This repository is the official implementation of RetroRanker, a ranking model built upon the graph neural network to mitigate the frequency bias in predictions of existing retrosynthesis models through re-ranking.
conda create -n retroranker -c conda-forge -c rdkit -y python=3.9 rdkit=2022.03.1
conda activate retroranker
pip install torch==1.11.0+cu113 torchvision==0.12.0+cu113 torchaudio==0.11.0 --extra-index-url https://download.pytorch.org/whl/cu113
pip install fairseq==0.12.2
pip install torch-scatter torch-sparse torch-cluster torch-spline-conv torch-geometric -f https://data.pyg.org/whl/torch-1.11.0+cu113.html
pip install dgl-cu113 dglgo -f https://data.dgl.ai/wheels/repo.html
pip install dgllife ogb==1.3.4 pympler lmdb
pip install rxnmapper
We provide the full scripts to generate training/testing data from raw predictions in this repository.
We provide our data, trained checkpoint, and re-ranking scores prediction at here. You may download the data and unzip the three folders below the root directory of the project (RetroRanker/data, RetroRanker/model, RetroRanker/output
).
wget https://bdmstorage.blob.core.windows.net/shared/data_model_output.tar.gz
tar -xvzf data_model_output.tar.gz
According to the file size limiations, we only provide the intermediate processing files (molecule graphs) on the test data, while you can generate the other processing files by the instructions below.

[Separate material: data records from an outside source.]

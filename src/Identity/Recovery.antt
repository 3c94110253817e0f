-- ===== src/Identity/Recovery.antt =====
-- Making an identity recoverable, restoring it, and revoking it.
use ndn_mobile.Prelude.{
  ℕ, ◌+◌, ◌*◌, ◌/◌, ◌%◌, ◌^◌, ◌==◌, if◌then◌else◌, Bool, List, [], ◌∷◌, ◌++◌, ◌⊎◌, inl, inr, length,
}
use ndn_mobile.Text.{Text, codes}
use ndn_mobile.Text.Print.{decimal}
use ndn_mobile.Types.{identity}
use ndn_mobile.Enroll.Hex.{hex_encode}
use ndn_mobile.Identity.{
  Parts, Act, ◌>>=◌, ◌>>◌, return, fail, lift, map_err, map_io, ok_or, name_in, set_identity,
}
use ndn_mobile.Identity.Owner.{loaded_identity}

-- Ten years.
abbrev pub ten_years_ns : ℕ
ten_years_ns = 10 * 365 * 24 * 3600 * 1000000000

pub record NdnRecoveredIdentity : Type 0 where
  pub key_name : Text
  pub cert_name : Text
  pub safebag : List ℕ
  pub bundle : List ℕ

pub record NdnRevocation : Type 0 where
  pub revoked : Text
  pub reason : Text
  pub revoked_at_ms : ℕ
  pub self_revocation : Bool

-- What the identity and security libraries do for recovery.
pub record Recoveries (p : Parts) : Type 1 where
  pub random : (bytes : ℕ) → p.lib.World → (Text ⊎ List ℕ) × p.lib.World
  pub ed25519_from_seed : List ℕ → p.lib.Name → p.keys.Ed25519
  pub seed_to_pkcs8 : List ℕ → Text ⊎ List ℕ
  pub recovery_key_name : p.lib.Name
  pub public_key_bytes : p.keys.Ed25519 → List ℕ
  -- `CallbackRecoverySigner` as a signer: its key name and the host's answers.
  pub of_callback : p.lib.Name → (List ℕ → Text ⊎ List ℕ) → p.lib.Signer
  pub KeyChain : Type 0
  pub into_keychain : p.Principal → KeyChain
  -- `KeyChain::from_parts` over a manager that has the one signer.
  pub from_parts : p.lib.Signer → (id_name key_name : p.lib.Name) → KeyChain
  pub Recoverable : Type 0
  pub create : KeyChain → (rk : List ℕ) → Text ⊎ Recoverable
  pub recover_from_bundle :
      (bundle : List ℕ) → KeyChain → p.lib.Signer → p.lib.World → (Text ⊎ Recoverable) × p.lib.World
  pub export_recovery_bundle : Recoverable → List ℕ
  pub Revocation : Type 0
  pub self_revoke : KeyChain → (reason : Text) → (now_ms : ℕ) → Text ⊎ Revocation
  pub encode_revocation : Revocation → List ℕ
  pub decode_revocation : List ℕ → Text ⊎ Revocation
  pub verify_revocation :
      Revocation → (signer_pubkey : List ℕ) → p.lib.World → (◌⊎◌ {0, 0} Text Unit) × p.lib.World
  pub revocation_view : Revocation → NdnRevocation

module _ (p : Parts) (r : Recoveries p) where
  open p use {lib, keys, bags}

  -- `try_into` an array of 32 bytes.
  unfoldable pub of_length : Text → List ℕ → Act p (List ℕ)
  of_length what bytes s =
      if length bytes == 32
      then return p bytes s
      else fail p
          (identity (
            codes "recovery "
            ++ what
            ++ codes " must be 32 bytes (Ed25519), got "
            ++ decimal (length bytes)))
          s

  unfoldable pub recovery_public_key : List ℕ → Act p (List ℕ)
  recovery_public_key recovery_seed = do
    seed ← of_length (codes "seed") recovery_seed
    return p (r.public_key_bytes (r.ed25519_from_seed seed r.recovery_key_name))

  unfoldable pub make_recoverable : List ℕ → Act p (List ℕ)
  make_recoverable recovery_pubkey = do
    rk ← of_length (codes "key") recovery_pubkey
    principal ← loaded_identity p
    recoverable ← map_err p identity (r.create (r.into_keychain principal) rk)
    return p (r.export_recovery_bundle recoverable)

  unfoldable pub non_empty : List ℕ → Text ⊎ List ℕ
  non_empty [] = inl (codes "recovery signer refused (empty signature)")
  non_empty (b ∷ sig) = inr (b ∷ sig)

  -- `sign_sync` of `CallbackRecoverySigner`.
  unfoldable pub callback_sign : (List ℕ → List ℕ) → List ℕ → Text ⊎ List ℕ
  callback_sign callback region = non_empty (callback region)

  unfoldable pub random_bytes : ℕ → Act p (List ℕ)
  random_bytes n = map_io p (λ e. identity (codes "rng: " ++ e)) (r.random n)

  -- A new operational key, recovered by the recovery signer, stored and loaded.
  unfoldable pub restore_with :
      (bundle : List ℕ)
      → lib.Signer
      → (identity_name : Text) → (persist_password : List ℕ) → Act p NdnRecoveredIdentity
  restore_with bundle recovery_signer identity_name persist_password = do
    id_name ← name_in p identity_name
    key_id ← random_bytes 8
    key_name ←
        ok_or p (identity (codes "could not build key name"))
          (p.parse (identity_name ++ codes "/KEY/" ++ hex_encode key_id))
    op_seed ← random_bytes 32
    let op = r.ed25519_from_seed op_seed key_name
    pkcs8 ← map_err p (λ e. identity (codes "pkcs8: " ++ e)) (r.seed_to_pkcs8 op_seed)
    pubkey ← ok_or p (identity (codes "operational key exposes no public key")) (keys.public_key op)
    cert_name ←
        ok_or p (identity (codes "could not build cert name"))
          (p.parse (p.to_string key_name ++ codes "/self/v=1"))
    now ← lift p keys.clock
    let now_ns = now % 2 ^ 64
    cert_wire ←
        map_io p identity
          (keys.encode_cert_data cert_name pubkey op now_ns ((now_ns + ten_years_ns) % 2 ^ 64))
    let signer = keys.ed25519_signer op
    recovered ←
        map_io p identity
          (r.recover_from_bundle bundle (r.from_parts signer id_name key_name) recovery_signer)
    safebag ←
        map_io p (λ e. identity (codes "safebag: " ++ e))
          (bags.encrypt cert_wire pkcs8 persist_password)
    set_identity p signer
    return p (record {
      key_name = p.to_string key_name;
      cert_name = p.to_string cert_name;
      safebag = p.encode_bag safebag;
      bundle = r.export_recovery_bundle recovered;
    })

  unfoldable pub restore_identity :
      (bundle recovery_seed : List ℕ)
      → Text
      → (persist_password : List ℕ) → Act p NdnRecoveredIdentity
  restore_identity bundle recovery_seed identity_name persist_password = do
    seed ← of_length (codes "seed") recovery_seed
    restore_with bundle (keys.ed25519_signer (r.ed25519_from_seed seed r.recovery_key_name))
        identity_name persist_password

  unfoldable pub restore_identity_remote :
      (bundle : List ℕ)
      → Text
      → (persist_password : List ℕ) → (List ℕ → List ℕ)
      → Act p NdnRecoveredIdentity
  restore_identity_remote bundle identity_name persist_password callback =
      restore_with bundle (r.of_callback r.recovery_key_name (callback_sign callback)) identity_name
        persist_password

  unfoldable pub revoke_identity : Text → Act p (List ℕ)
  revoke_identity reason = do
    principal ← loaded_identity p
    now ← lift p keys.clock
    rec_ ←
        map_err p identity
          (r.self_revoke (r.into_keychain principal) reason (now / 1000000 % 2 ^ 64))
    return p (r.encode_revocation rec_)

  unfoldable pub verify_revocation : (wire signer_pubkey : List ℕ) → Act p NdnRevocation
  verify_revocation wire signer_pubkey = do
    rec_ ←
        map_err p (λ e. identity (codes "malformed revocation: " ++ e)) (r.decode_revocation wire)
    verified ←
        map_io p (λ e. identity (codes "revocation did not verify: " ++ e))
          (r.verify_revocation rec_ signer_pubkey)
    return p (r.revocation_view rec_)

If you are aiming to reproduce the paper results on the USPTO-full, you may skip the training process and follow the testing section after correctly setting up the data.
# Turning the raw prediction files into structured and grouped inputs
python preprocess.py
The corresponding files are saved at data/$dataset/1_preprocess/
.
# Adding atom mapping information via rxnmapper
bash script/mapping.sh AT
bash script/mapping.sh R-SMILES
The corresponding files are saved at data/$dataset/2_mapping/
.
# Generating molecule graphs for future usage in GNN
# Please mind the difference on settings between AttentiveFP and Graphromer
dataset=$1 # AT or R-SMILES
chunk_id=$2 # range(total_chunks)
total_chunks=$3 # 5 for AttentiveFP and 30 for Graphormer
file_identifier=$4 # 0-7 or test
cd $ROOT/RetroRanker
python generate_graphs.py --dataset $dataset
--chunk_id${chunk_id} --total_chunks ${total_chunks}
--file_identifier ${file_identifier}
--save_type dgl (for AttentiveFP) or pyg (for Graphormer)
The corresponding files are saved at data/$dataset/3_gengraph/
.
# Training the AttentiveFP-based model
python train_model.py --dataset AT or R-SMILES
The checkpoints are saved at model/$dataset/$dataset_AF.pt
# Training the Graphormer-based model (cost more time than AttentiveFP)
sh scripts/train_graphormer.sh
The checkpoints are saved at model/$dataset/gh/
python test_model.py --dataset $dataset --testset $dataset
sh scripts/eval.sh
# you may change the $traindata & $testdata in the script
The best re-ranking results on USPTO-full are displayed on analysis_af.ipynb (for AttentiveFP backbone) & analysis_gh.ipynb (for Graphromer backbone).